Ensel Oh1,2,3, Yoon-La Choi1,2,4,5, Mi Jeong Kwon6,7, Ryong Nam Kim3, Yu Jin Kim1,2, Ji-Young Song1,2, Kyung Soo Jung1,5, Young Kee Shin3*
1 Laboratory of Cancer Genomics and Molecular Pathology, Samsung Biomedical Research Institute, Samsung Medical Center, Seoul, Korea, 2 Institute for Refractory Cancer Research, Samsung Medical Center, Seoul, Korea, 3 Department of Pharmacy, College of Pharmacy, Seoul National University, Seoul, Korea, 4 Department of Pathology, Samsung Medical Center, Sungkyunkwan University College of Medicine, Seoul, Korea, 5 Samsung Advanced Institute for Health Sciences & Technology, Sungkyunkwan University School of Medicine, Seoul, Korea, 6 College of Pharmacy, Kyungpook National University, Daegu, Korea, 7 Research Institute of Pharmaceutical Sciences, College of Pharmacy, Kyungpook National University, Daegu, Korea
Formalin fixing with paraffin embedding (FFPE) has been a standard sample preparation method for decades, and archival FFPE samples are still very useful resources.

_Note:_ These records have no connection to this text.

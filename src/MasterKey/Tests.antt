-- ===== src/MasterKey/Tests.antt =====
-- A device that gets its master key and then a new one.
use secure_deletion.Common.{ℕ, true, ◌+◌, ◌-◌, ◌≡◌, ◌⊎◌, refl, arith, []}
use secure_deletion.MasterKey.{
  Message, msg_get_key, msg_payload, recv_found, recv_list, netlink_recv, begin_set, end_set,
  answer,
}
use secure_deletion.MasterKey.System.{
  System, get_begun, get_unsent, get_posted, key_taken, set_begun, set_posted, served, received,
  Reach, here, later, start, begin_get, post_get, opened, request_set, post_set, serve, receive,
}
use secure_deletion.MasterKey.Protocol.{
  Leads, IsRenewed, IsOpen, IsLost, Reach-known, set-Leads, get-Leads,
}

program : Unit {0}
unfolding recv_found recv_list netlink_recv begin_set end_set answer
program = tt

-- A cipher.
abbrev encrypt : (sec_key key : ℕ) → ℕ
encrypt s k = s + k

abbrev decrypt : (sec_key key : ℕ) → ℕ
decrypt s k = k - s

law : (k : ℕ) → decrypt 5 (encrypt 5 k) ≡ k
law k = omega arith

-- Before the request, after it, with the key on its way, and with the key.
abbrev initial : System
initial = start 1 5 105

abbrev asked : System
asked = post_get encrypt decrypt (begin_get encrypt decrypt initial)

abbrev get_message : (key : ℕ) → Message
get_message key = record { nlmsg_type = msg_get_key; len = msg_payload; name = 1; key = key }

abbrev replied : System
replied = serve encrypt decrypt true (get_message 0) [] asked

abbrev taken : System
taken = receive encrypt decrypt (get_message 105) [] replied

abbrev at_rest : System
at_rest = opened encrypt decrypt taken

-- A new key is requested.
abbrev sending_set : System
sending_set = request_set encrypt decrypt 200 at_rest

abbrev waiting : System
waiting = post_set encrypt decrypt sending_set

asked-Reach : Reach encrypt decrypt initial asked
asked-Reach =
    let begun = begin_get encrypt decrypt initial in
    later _ _ _
      (later _ _ _ (later _ _ _ (here initial) (get_begun initial refl)) (get_unsent begun refl))
      (get_posted begun refl refl)

waiting-Reach : Reach encrypt decrypt initial waiting
unfolding program
waiting-Reach =
    later _ _ _
      (later _ _ _
        (later _ _ _
          (later _ _ _ (later _ _ _ asked-Reach (served true (get_message 0) [] asked refl refl))
            (received (get_message 105) [] replied refl))
          (key_taken taken refl refl))
        (set_begun 200 at_rest refl))
      (set_posted sending_set refl refl)

new_key : ◌≡◌ {A = ℕ} (waiting.dev.master_key) 100
unfolding program
new_key = refl

get-Leads_example :
    Leads encrypt decrypt 3
      (λ u. IsOpen encrypt decrypt 5 asked.nvram u ⊎ IsLost encrypt decrypt u)
      asked
get-Leads_example = get-Leads encrypt decrypt 1 5 105 asked law asked-Reach refl

set-Leads_example :
    Leads encrypt decrypt 3
      (λ u. IsRenewed encrypt decrypt 5 waiting.dev.new_master_key u ⊎ IsLost encrypt decrypt u)
      waiting
set-Leads_example = set-Leads encrypt decrypt 1 5 105 waiting law waiting-Reach refl

Reach-known_example :
    (decrypt 5 waiting.nvram ≡ waiting.dev.master_key)
    ⊎ (decrypt 5 waiting.nvram ≡ waiting.dev.new_master_key)
unfolding program
Reach-known_example = Reach-known encrypt decrypt 1 5 105 waiting law waiting-Reach refl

Nonetheless, the use of FFPE samples in cancer genome analysis using next-generation sequencing, which is a powerful technique for the identification of genomic alterations at the nucleotide level, has been challenging due to poor DNA quality and artificial sequence alterations. In this study, we performed whole-exome sequencing of matched frozen samples and FFPE samples of tissues from 4 cancer patients and compared the next-generation sequencing data obtained from these samples. The major differences between data obtained from the 2 types of sample were the shorter insert size and artificial base alterations in the FFPE samples. A high proportion of short inserts in the FFPE samples resulted in overlapping paired reads, which could lead to overestimation of certain variants; >20% of the inserts in the FFPE samples were double sequenced. A large number of soft clipped reads was found in the sequencing data of the FFPE samples, and about 30% of total bases were soft clipped. The artificial base alterations, C>T and G>A, were observed in FFPE samples only, and the alteration rate ranged from 200 to 1,200 per 1M bases when sequencing errors were removed. Although high-confidence mutation calls in the FFPE samples were compatible to that in the frozen samples, caution should be exercised in terms of the artifacts, especially for low-confidence calls. Despite the clearly observed artifacts, archival FFPE samples can be a good resource for discovery or validation of biomarkers in cancer research based on whole-exome sequencing.